Natasha Braier, ASC, ADF confronts the monsters within for this Ed Sheeran music video.

Tara Jenkins

Cinematographer Natasha Braier, ASC, ADF earned a 2023 MTV Video Music Award nomination for her work on Ed Sheeran’s music video “Eyes Closed,” based on the track from his sixth studio album, Subtract. The video is one of 14 from the “-” playlist that she shot for the performer in collaboration with director Mia Barnes.






“I was actually invited to do the whole album by Mia and her producer, Roisin Audrey Moloney, whom I worked with several times in the past,” says Braier. “I hadn’t worked with Mia before. We went to England and did all the videos for the album at once. Only a couple were officially called music videos — a lot of them were ‘visualizers.’ The idea was to do the whole album with the same kind of concept by the seaside with the water being a very strong visual element that is almost like part of the story.”


The entire visual album, almost an hour of content, plays as a loosely-tied-together tonal piece, “This visualiser concept is sometimes hard to grasp because it’s almost a music video — just with less coverage — but you also have to think in a different way right from the design perspective. You can have conceptual visual ideas that work, like holding a shot for a long time, and it doesn't feel like it is just a music video with not enough coverage. That expectation is taken away and you can just look at something for a while.”

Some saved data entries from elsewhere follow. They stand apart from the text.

-- ===== src/Prelude/Lists.antt =====
-- Lists measured and indexed by native numbers, and predicates on their elements.
use Prim.Native.Nat.{ℕ, zero, suc, ◌+◌, ◌<◌}
use mathlib.Core.Path.{◌≡◌, refl, sym, ap, subst, ◌∙◌}
use mathlib.Core.Logic.{◌↔◌, ◌⊎◌, inl, inr}
use mathlib.Core.Bool.{Bool, true, false, ◌&&◌, ◌||◌}
use mathlib.Core.List.{List, [], ◌∷◌, ◌++◌, map}
use mathlib.Core.Option.{Option, none, some}
use native.Mathlib.Omega.{arith}
use research_lab.Prelude.Tests.{if◌then◌else◌, Bool-cases}

module _ {ℓ} {A : Type ℓ} where
  abbrev pub length : List A → ℕ
  length [] = 0
  length (x ∷ xs) = suc (length xs)

  abbrev pub get_elem? : List A → ℕ → Option A
  get_elem? [] i = none
  get_elem? (x ∷ xs) zero = some x
  get_elem? (x ∷ xs) (suc i) = get_elem? xs i

  abbrev pub take : ℕ → List A → List A
  take zero xs = []
  take (suc n) [] = []
  take (suc n) (x ∷ xs) = x ∷ take n xs

  abbrev pub drop : ℕ → List A → List A
  drop zero xs = xs
  drop (suc n) [] = []
  drop (suc n) (x ∷ xs) = drop n xs

  -- `Iterator::filter`, `any` and `all` with a Boolean test.
  abbrev pub keep_if : (A → Bool) → List A → List A
  keep_if p [] = []
  keep_if p (x ∷ xs) = let rest = keep_if p xs in if p x then x ∷ rest else rest

  abbrev pub any : (A → Bool) → List A → Bool
  any p [] = false
  any p (x ∷ xs) = p x || any p xs

  abbrev pub all : (A → Bool) → List A → Bool
  all p [] = true
  all p (x ∷ xs) = p x && all p xs

  -- `Iterator::find`
  abbrev pub find : (A → Bool) → List A → Option A
  find p [] = none
  find p (x ∷ xs) = let rest = find p xs in if p x then some x else rest

  abbrev pub All {κ} : (A → Type κ) → List A → Type κ
  All P [] = Unit
  All P (x ∷ xs) = P x × All P xs

  -- One element has the property, with its place.
  abbrev pub Any : (A → Type 0) → List A → Type 0
  Any P [] = ⊥
  Any P (x ∷ xs) = P x ⊎ Any P xs

  pub length-append : (xs ys : List A) → length (xs ++ ys) ≡ length xs + length ys
  length-append [] ys = omega arith
  length-append (x ∷ xs) ys = omega (arith, length-append xs ys)

  pub All-append {κ} : (P : A → Type κ) (xs ys : List A) → All P xs → All P ys → All P (xs ++ ys)
  All-append P [] ys hx hy = hy
  All-append P (x ∷ xs) ys hx hy = (hx.0, All-append P xs ys hx.1 hy)

  -- The elements that a Boolean test keeps pass it.
  pub keep_if-All :
      (P : A → Type 0) (p : A → Bool) (xs : List A)
      → ((x : A) → p x ≡ true → P x)
      → All P (keep_if p xs)
  keep_if-All P p [] h = tt
  keep_if-All P p (x ∷ xs) h = elim (Bool-cases (p x)) [
    | inl e ↦ rw e (h x e, keep_if-All P p xs h)
    | inr e ↦ rw e (keep_if-All P p xs h)
  ]

  pub All-keep_if : (P : A → Type 0) (p : A → Bool) (xs : List A) → All P xs → All P (keep_if p xs)
  All-keep_if P p [] h = tt
  All-keep_if P p (x ∷ xs) h = elim (Bool-cases (p x)) [
    | inl e ↦ rw e (h.0, All-keep_if P p xs h.1)
    | inr e ↦ rw e (All-keep_if P p xs h.1)
  ]

  pub find-All :
      (P : A → Type 0) (p : A → Bool) (xs : List A) {a : A} → All P xs → find p xs ≡ some a → P a
  find-All P p [] h e = cc
  find-All P p (x ∷ xs) {a} h e = elim (Bool-cases (p x)) [
    | inl t ↦ let here : some x ≡ some a = rw t at e in subst P (cc here) h.0
    | inr t ↦ find-All P p xs h.1 (rw t at e)
  ]

  pub any-Any :
      (P : A → Type 0) (p : A → Bool) (xs : List A)
      → ((x : A) → p x ≡ true → P x)
      → any p xs ≡ true
      → Any P xs
  any-Any P p [] h e = cc
  any-Any P p (x ∷ xs) h e = elim (Bool-cases (p x)) [
    | inl t ↦ inl (h x t)
    | inr t ↦ inr (any-Any P p xs h (rw t at e))
  ]

  pub all_iff : (p : A → Bool) (xs : List A) → (all p xs ≡ true) ↔ All (λ x. p x ≡ true) xs
  all_iff p [] = ((λ e. tt), (λ h. refl))
  all_iff p (x ∷ xs) =
      ((λ a. (ground arith, (all_iff p xs).0 (ground arith))), (λ h. rw h.0 ((all_iff p xs).1 h.1)))

  -- What is not found does not pass the test.
  pub find-none : (p : A → Bool) (xs : List A) → find p xs ≡ none → All (λ x. p x ≡ false) xs
  find-none p [] e = tt
  find-none p (x ∷ xs) e = elim (Bool-cases (p x)) [
    | inl t ↦ absurd (cc (rw t at e))
    | inr t ↦ (t, find-none p xs (rw t at e))
  ]

  pub find-passes : (p : A → Bool) (xs : List A) {a : A} → find p xs ≡ some a → p a ≡ true
  find-passes p [] e = cc
  find-passes p (x ∷ xs) {a} e = elim (Bool-cases (p x)) [
    | inl t ↦ let here : some x ≡ some a = rw t at e in subst (λ y. p y ≡ true) (cc here) t
    | inr t ↦ find-passes p xs (rw t at e)
  ]

  pub find-append :
      (p : A → Bool) (xs ys : List A)
      → find p (xs ++ ys) ≡ elim (find p xs) [ none ↦ find p ys | some a ↦ some a ]
  find-append p [] ys = refl
  find-append p (x ∷ xs) ys = elim (Bool-cases (p x)) [
    | inl t ↦ rw t refl
    | inr t ↦ rw t (find-append p xs ys)
  ]

module _ {ℓ κ} {A : Type ℓ} {B : Type κ} where
  pub length-map : (xs : List A) (f : A → B) → length (map f xs) ≡ length xs
  length-map [] f = refl
  length-map (x ∷ xs) f = ap suc (length-map xs f)

  pub All-map {μ} :
      (P : B → Type μ) (f : A → B) (xs : List A) → All (λ x. P (f x)) xs → All P (map f xs)
  All-map P f [] h = tt
  All-map P f (x ∷ xs) h = (h.0, All-map P f xs h.1)

  pub map-append : (f : A → B) (xs ys : List A) → map f (xs ++ ys) ≡ map f xs ++ map f ys
  map-append f [] ys = refl
  map-append f (x ∷ xs) ys = ap (λ l. f x ∷ l) (map-append f xs ys)

module _ {ℓ} {A : Type ℓ} where
  pub append_assoc : (xs ys zs : List A) → (xs ++ ys) ++ zs ≡ xs ++ (ys ++ zs)
  append_assoc [] ys zs = refl
  append_assoc (x ∷ xs) ys zs = ap (λ l. x ∷ l) (append_assoc xs ys zs)

  pub append-nil : (xs : List A) → xs ++ [] ≡ xs
  append-nil [] = refl
  append-nil (x ∷ xs) = ap (λ l. x ∷ l) (append-nil xs)

  pub get_elem?-append_left :
      (xs ys : List A) (i : ℕ) {a : A} → get_elem? xs i ≡ some a → get_elem? (xs ++ ys) i ≡ some a
  get_elem?-append_left [] ys i e = cc
  get_elem?-append_left (x ∷ xs) ys zero e = e
  get_elem?-append_left (x ∷ xs) ys (suc i) e = get_elem?-append_left xs ys i e

  pub get_elem?-append_in :
      (xs ys : List A) (i : ℕ) → i < length xs → get_elem? (xs ++ ys) i ≡ get_elem? xs i
  get_elem?-append_in [] ys i lt = absurd (omega arith)
  get_elem?-append_in (x ∷ xs) ys zero lt = refl
  get_elem?-append_in (x ∷ xs) ys (suc i) lt = get_elem?-append_in xs ys i (omega arith)

  pub get_elem?-append_right :
      (xs ys : List A) (i : ℕ) → get_elem? (xs ++ ys) (length xs + i) ≡ get_elem? ys i
  get_elem?-append_right [] ys i = ap (get_elem? ys) (omega arith)
  get_elem?-append_right (x ∷ xs) ys i =
      let place : length (x ∷ xs) + i ≡ suc (length xs + i) = omega arith in
      ap (get_elem? (x ∷ (xs ++ ys))) place ∙ get_elem?-append_right xs ys i

module _ {A : Type 0} where
  abbrev pub Member : A → List A → Type 0
  Member a [] = ⊥
  Member a (x ∷ xs) = (a ≡ x) ⊎ Member a xs

  pub Member-append : (a : A) (xs ys : List A) → Member a (xs ++ ys) ↔ (Member a xs ⊎ Member a ys)
  Member-append a [] ys = (inr, λ m. elim m [ inl n ↦ absurd n | inr n ↦ n ])
  Member-append a (x ∷ xs) ys = (
    λ m. elim m [
      | inl e ↦ inl (inl e)
      | inr n ↦ elim ((Member-append a xs ys).0 n) [ inl k ↦ inl (inr k) | inr k ↦ inr k ]
    ],
    λ m. elim m [
      | inl (inl e) ↦ inl e
      | inl (inr n) ↦ inr ((Member-append a xs ys).1 (inl n))
      | inr n ↦ inr ((Member-append a xs ys).1 (inr n))
    ],
  )

  pub find-Member : (p : A → Bool) (xs : List A) {a : A} → find p xs ≡ some a → Member a xs
  find-Member p [] e = cc
  find-Member p (x ∷ xs) {a} e = elim (Bool-cases (p x)) [
    | inl t ↦ let here : some x ≡ some a = rw t at e in inl (sym (cc here))
    | inr t ↦ inr (find-Member p xs (rw t at e))
  ]

  pub Member-keep_if :
      (a : A) (p : A → Bool) (xs : List A) → Member a (keep_if p xs) ↔ (Member a xs × (p a ≡ true))
  Member-keep_if a p [] = (λ m. absurd m, λ m. absurd m.0)
  Member-keep_if a p (x ∷ xs) = elim (Bool-cases (p x)) [
    | inl t ↦ rw t (
      λ m. elim m [
        | inl e ↦ (inl e, subst (λ y. p y ≡ true) (sym e) t)
        | inr n ↦ let (k, u) = (Member-keep_if a p xs).0 n in (inr k, u)
      ],
      λ m. elim m.0 [ inl e ↦ inl e | inr n ↦ inr ((Member-keep_if a p xs).1 (n, m.1)) ],
    )
    | inr t ↦ rw t (
      λ m. let (k, u) = (Member-keep_if a p xs).0 m in (inr k, u),
      λ m. elim m.0 [
        | inl e ↦ absurd (ground (arith, subst (λ y. p y ≡ true) e m.1))
        | inr n ↦ (Member-keep_if a p xs).1 (n, m.1)
      ],
    )
  ]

Working on a tight production schedule, Braier had a day and a half out of the overall 14-day Subtract shoot to photograph “Eyes Closed.” And this piece stands out tonally from the rest to Braier: “This one is quite different because you barely feel the presence of the ocean. There’s water at the end, but it's more calm. There’s only one shot at dusk when [Sheeran] is walking in an alley and you feel the town where we shot everything. It was, in a way, quite separate from the rest as well because it had the idea of the monster. But I still think somehow they're connected because of the fact of shooting everything in the same place. There's some kind of same energy there.”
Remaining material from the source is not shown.